Türk Ticaret Kanunu’nun 617. maddesinin 3. bendinin yollaması ile limited şirketlerde de uygulama alanı bulan 411 ve 412. maddeleri çerçevesinde konuya yaklaşmak gerekmektedir. Yasa, limited şirkette ortaklar genel kurulunu çağırma yetkisini müdürler ve azınlık dışında, tasfiyeye girmiş şirketlerde tasfiye memuruna ve ana sözleşmeye konacak hükümle (TK m. 577/1-h) kendilerine çağrı yetkisi verilen ortak veya öngörülen oranda sermayeye sahip ortaklara da tanımıştır. Ayrıca 6102 sayılı yasada azınlığın çağrı yetkisine işlerlik ve etkinlik kazandırılmıştır. Müdürler azınlığın toplantı yapılması veya gündeme madde eklenmesi talebine 7 gün içinde cevap vermekle yükümlüdürler. Bu süre içinde cevap vermedikleri takdirde azınlık bu yetkiyi mahkemeden isteyebilir. Mahkeme kararını kural olarak dosya üzerinden verir; karar kesindir (Yeni TK md. 412).

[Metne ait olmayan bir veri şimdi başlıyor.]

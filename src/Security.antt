-- ===== src/Security.antt =====
-- app/config/security/dependencies.py: who a request comes from.
use library_api.Prelude.{String, Bool, true, false, Option, none, some, if◌then◌else◌}
use library_api.Errors.{not_found, unauthorized}
use library_api.Tokens.{Decoded, payload, expired_signature, invalid_token}
use library_api.Models.User.{User, UserRole, role_eq}
use library_api.Exec.{Exec, pure, raise_if, run, gets, or_raise, ◌>>=◌, ◌>>◌}
use library_api.External.{External}
use library_api.World.{State, utcnow}
use library_api.Users.Repository as Users

abbrev pub is_admin : User → Bool
is_admin user = role_eq user.role UserRole.admin

module _ ⦃ext : External⦄ where
  -- `decode_token`, with the clock that PyJWT reads.
  abbrev pub decode_token : ext.Token → State → Decoded × State
  decode_token token w = let (now, w') = utcnow w in (ext.decode now token, w')

  -- `find_by_id(payload.get("sub"))`: no row has the key `None`.
  abbrev pub find_subject : Option String → State → Option User
  find_subject none w = none
  find_subject (some user_id) w = Users.find_by_id user_id w

  -- The user of a decoded token.
  abbrev pub identify : Decoded → Exec State User
  identify (payload sub) = do
    user ← gets (find_subject sub)
    or_raise user (not_found "Usuário não encontrado")
  identify expired_signature = or_raise none (unauthorized "Token expirado")
  identify invalid_token = or_raise none (unauthorized "Token inválido")

  unfoldable pub get_current_user : ext.Token → Exec State User
  get_current_user token = do decoded ← run (decode_token token); identify decoded

  unfoldable pub get_current_admin : ext.Token → Exec State User
  unfolding get_current_user
  get_current_admin token = do
    current_user ← get_current_user token
    raise_if (if is_admin current_user then false else true)
        (unauthorized "Acesso de administrador obrigatório")
    pure current_user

Azınlığın talebine 7 gün içinde olumlu cevap veren müdürler ise toplantıyı en geç 45 gün içinde yapmakla yükümlüdürler; aksi halde toplantı yapma yetkisi talep sahiplerine geçer.
Bu genel açıklama çerçevesinde somut olay irdelendiğinde; Türk ticaret kanununun 617. maddesinin atfı nedeniyle somut olayda uygulanması gereken aynı yasanın 411. ve 412.maddelerinde düzenlenen prosedüre uyulmadan, müdüre ortaklar kurulu toplantıya davet etme başvurusu yapılmaksızın, talebin olumsuz karşılanmasını halinde ortaklar kurulunun toplantıya çağrısı için mahkemeden gerekli izin alınmaksızın davalı azınlık tarafından alınan 11.01.2018 tarihli yönetim kurulu kararı; şirket genel kurulu kararları iptaline ilişkin hükümlerin somut olayda uygulama yeri bulunması nedeniyle kanunu, ana sözleşmeye ve objektif iyi niyet kurallarına aykırı olduğundan iptali şartları gerçekleşmiştir.
İzah edilen nedenlerle mahkememizce icra edilen yargılama ve tekmil dosya mündericatından edinilen vicdani kanaat gereğince; davanın kabulü ile; … Basım Yayın Reklamcılık Sanayi ve Ticaret Limited Şirketi’nin olağanüstü genel kurulunun 05/02/2018 tarihinde yapılmasına ilişkin 11/01/2018 tarihli yönetim kurulu kararının esas sözleşmeye, kanuna ve iyiniyet kurallarına aykırı olması nedeniyle iptaline dair aşağıdaki şekilde hüküm kurulması cihetine gidilmiştir.
HÜKÜM: gerekçesi yukarıda açıklandığı üzere
1-Davanın kabulü ile; … Basım Yayın Reklamcılık Sanayi ve Ticaret Limited Şirketi’nin olağanüstü genel kurulunun 05/02/2018 tarihinde yapılmasına ilişkin 11/01/2018 tarihli yönetim kurulu kararının esas sözleşmeye, kanuna ve iyiniyet kurallarına aykırı olması nedeniyle İPTALİNE,
2-Alınması gerekli harç peşin alındığından yeniden alınmasına yer olmadığına,
3-Davacı, kendisini vekille temsil ettirmiş olmakla karar tarihinde yürürlükte bulunan A.A.Ü.T. göre hesaplanan 2.180,00TL ücret-i vekaletin davalılardan tahsili ile davacıya verilmesine,
4-Davacı tarafından yapılan 154,00 TL yargılama giderinin davalılardan tahsili ile davacıya verilmesine,
5-Davacı tarafça yatırılan gider avansından kullanılmayan kısmın karar kesinleştiğinde ve talep halinde davacıya iadesine,
Dair taraf vekillerinin yüzüne karşı, gerekçeli kararın tebliğinden itibaren iki hafta içerisinde mahkememize ya da mahkememize gönderilmek üzere başka yer mahkemesine istinaf dilekçesi sunulmak suretiyle, İstanbul Bölge Adliye Mahkemesi nezdinde istinaf kanun yolu açık olmak üzereoy birliği ile verilen karar açıkça okunup usulen anlatıldı.10/05/2018

Başkan …

Üye …

Üye …

Katip …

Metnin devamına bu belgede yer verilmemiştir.